### Problem statement
What you give back should match the entries below character for character.

### Material for the task

-.-.-

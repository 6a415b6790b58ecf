-- ===== src/Console/Claims.antt =====
-- The readers of the claims of an assertion.
use ai_base.Common.{String, List, [], ◌∷◌, Bool, Option, none, some, ◌<>◌, includes, if◌then◌else◌}
use ai_base.Common.Integers.{ℤ, pos, negsuc}
use ai_base.Text.{trim, is_empty, strip_slash}
use ai_base.Text.Cut.{split_on, trimmed_parts}
use ai_base.Json.{Json, Fields, int, negative, fraction, str, arr, end, items, object?}
use ai_base.Access.Texts.{texts_of}
use ai_base.Console.{Outside, Env, text_or}

-- `stringClaim` of a text or `null`.
unfoldable pub text_claim : Option String → Option String
text_claim none = none
text_claim (some s) = if is_empty (trim s) then none else some (trim s)

unfoldable pub string_claim : Option Json → Option String
string_claim (some (str s)) = text_claim (some s)
string_claim value = none

unfoldable pub string_array_claim : Option Json → List String
string_array_claim (some (arr vs)) = texts_of (items vs)
string_array_claim (some (str s)) = trimmed_parts (split_on b',' s)
string_array_claim value = []

-- `numericClaim`, by the least integer that is not below the number: all tests are against integers.
unfoldable pub numeric_claim : Outside → Option Json → Option ℤ
numeric_claim outside (some (int n)) = some (pos n)
numeric_claim outside (some (negative n)) = some (negsuc n)
numeric_claim outside (some (fraction text)) = outside.ceiling text
numeric_claim outside value = none

unfoldable pub texts_in : List Json → List String
texts_in [] = []
texts_in (str s ∷ vs) = s ∷ texts_in vs
texts_in (v ∷ vs) = texts_in vs

unfoldable pub audience_claim : Option Json → List String
audience_claim (some (str s)) = s ∷ []
audience_claim (some (arr vs)) = texts_in (items vs)
audience_claim value = []

-- `parts[1]`
unfoldable pub second : List String → String
second (first ∷ payload ∷ rest) = payload
second parts = ""

-- `JSON.parse` of a part that is an object.
unfoldable pub decode_part : Outside → String → Fields
decode_part outside part = elim (outside.platform.parse (outside.platform.decode_text part)) [
  | none ↦ end
  | some value ↦ elim (object? value) [ none ↦ end | some fields ↦ fields ]
]

unfoldable pub decode_pomerium_assertion : Outside → Option String → Fields
decode_pomerium_assertion outside none = end
decode_pomerium_assertion outside (some assertion) =
    let payload = second (split_on b'.' assertion) in
    if is_empty payload then end else decode_part outside payload

unfoldable pub broker_subject : Outside → String → String → String
broker_subject outside login_issuer upstream_subject =
    "usr_"
    <> outside.platform.encode
        (outside.platform.sha256 ((strip_slash login_issuer <> ("\0" <> upstream_subject)) ∷ []))

-- `list.map((item) => item.trim().toLowerCase()).filter(Boolean)`
unfoldable pub lowered_parts : (String → String) → List String → List String
lowered_parts lower [] = []
lowered_parts lower (s ∷ ss) =
    let rest = lowered_parts lower ss in
    if is_empty (lower (trim s)) then rest else lower (trim s) ∷ rest

unfoldable pub configured_admin_emails : Outside → Env → List String
configured_admin_emails outside env =
    lowered_parts outside.platform.lower
      (split_on b',' (text_or env.admin_emails "admin@example.com"))

unfoldable pub is_console_admin_email : Outside → Env → String → Bool
is_console_admin_email outside env email =
    includes (configured_admin_emails outside env) (outside.platform.lower (trim email))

-.-.-

### Exercise result
repository 6a415b6790b58ecf
-- ===== src/Console/Claims.antt =====
-- The readers of the claims of an assertion.
use ai_base.Common.{String, List, [], ◌∷◌, Bool, Option, none, some, ◌<>◌, includes, if◌then◌else◌}
use ai_base.Common.Integers.{ℤ, pos, negsuc}
use ai_base.Text.{trim, is_empty, strip_slash}
use ai_base.Text.Cut.{split_on, trimmed_parts}
use ai_base.Json.{Json, Fields, int, negative, fraction, str, arr, end, items, object?}
use ai_base.Access.Texts.{texts_of}
use ai_base.Console.{Outside, Env, text_or}

-- `stringClaim` of a text or `null`.
unfoldable pub text_claim : Option String → Option String
text_claim none = none
text_claim (some s) = if is_empty (trim s) then none else some (trim s)

unfoldable pub string_claim : Option Json → Option String
string_claim (some (str s)) = text_claim (some s)
string_claim value = none

unfoldable pub string_array_claim : Option Json → List String
string_array_claim (some (arr vs)) = texts_of (items vs)
string_array_claim (some (str s)) = trimmed_parts (split_on b',' s)
string_array_claim value = []

-- `numericClaim`, by the least integer that is not below the number: all tests are against integers.
unfoldable pub numeric_claim : Outside → Option Json → Option ℤ
numeric_claim outside (some (int n)) = some (pos n)
numeric_claim outside (some (negative n)) = some (negsuc n)
numeric_claim outside (some (fraction text)) = outside.ceiling text
numeric_claim outside value = none

unfoldable pub texts_in : List Json → List String
texts_in [] = []
texts_in (str s ∷ vs) = s ∷ texts_in vs
texts_in (v ∷ vs) = texts_in vs

unfoldable pub audience_claim : Option Json → List String
audience_claim (some (str s)) = s ∷ []
audience_claim (some (arr vs)) = texts_in (items vs)
audience_claim value = []

-- `parts[1]`
unfoldable pub second : List String → String
second (first ∷ payload ∷ rest) = payload
second parts = ""

-- `JSON.parse` of a part that is an object.
unfoldable pub decode_part : Outside → String → Fields
decode_part outside part = elim (outside.platform.parse (outside.platform.decode_text part)) [
  | none ↦ end
  | some value ↦ elim (object? value) [ none ↦ end | some fields ↦ fields ]
]

unfoldable pub decode_pomerium_assertion : Outside → Option String → Fields
decode_pomerium_assertion outside none = end
decode_pomerium_assertion outside (some assertion) =
    let payload = second (split_on b'.' assertion) in
    if is_empty payload then end else decode_part outside payload

unfoldable pub broker_subject : Outside → String → String → String
broker_subject outside login_issuer upstream_subject =
    "usr_"
    <> outside.platform.encode
        (outside.platform.sha256 ((strip_slash login_issuer <> ("\0" <> upstream_subject)) ∷ []))

-- `list.map((item) => item.trim().toLowerCase()).filter(Boolean)`
unfoldable pub lowered_parts : (String → String) → List String → List String
lowered_parts lower [] = []
lowered_parts lower (s ∷ ss) =
    let rest = lowered_parts lower ss in
    if is_empty (lower (trim s)) then rest else lower (trim s) ∷ rest

unfoldable pub configured_admin_emails : Outside → Env → List String
configured_admin_emails outside env =
    lowered_parts outside.platform.lower
      (split_on b',' (text_or env.admin_emails "admin@example.com"))

unfoldable pub is_console_admin_email : Outside → Env → String → Bool
is_console_admin_email outside env email =
    includes (configured_admin_emails outside env) (outside.platform.lower (trim email))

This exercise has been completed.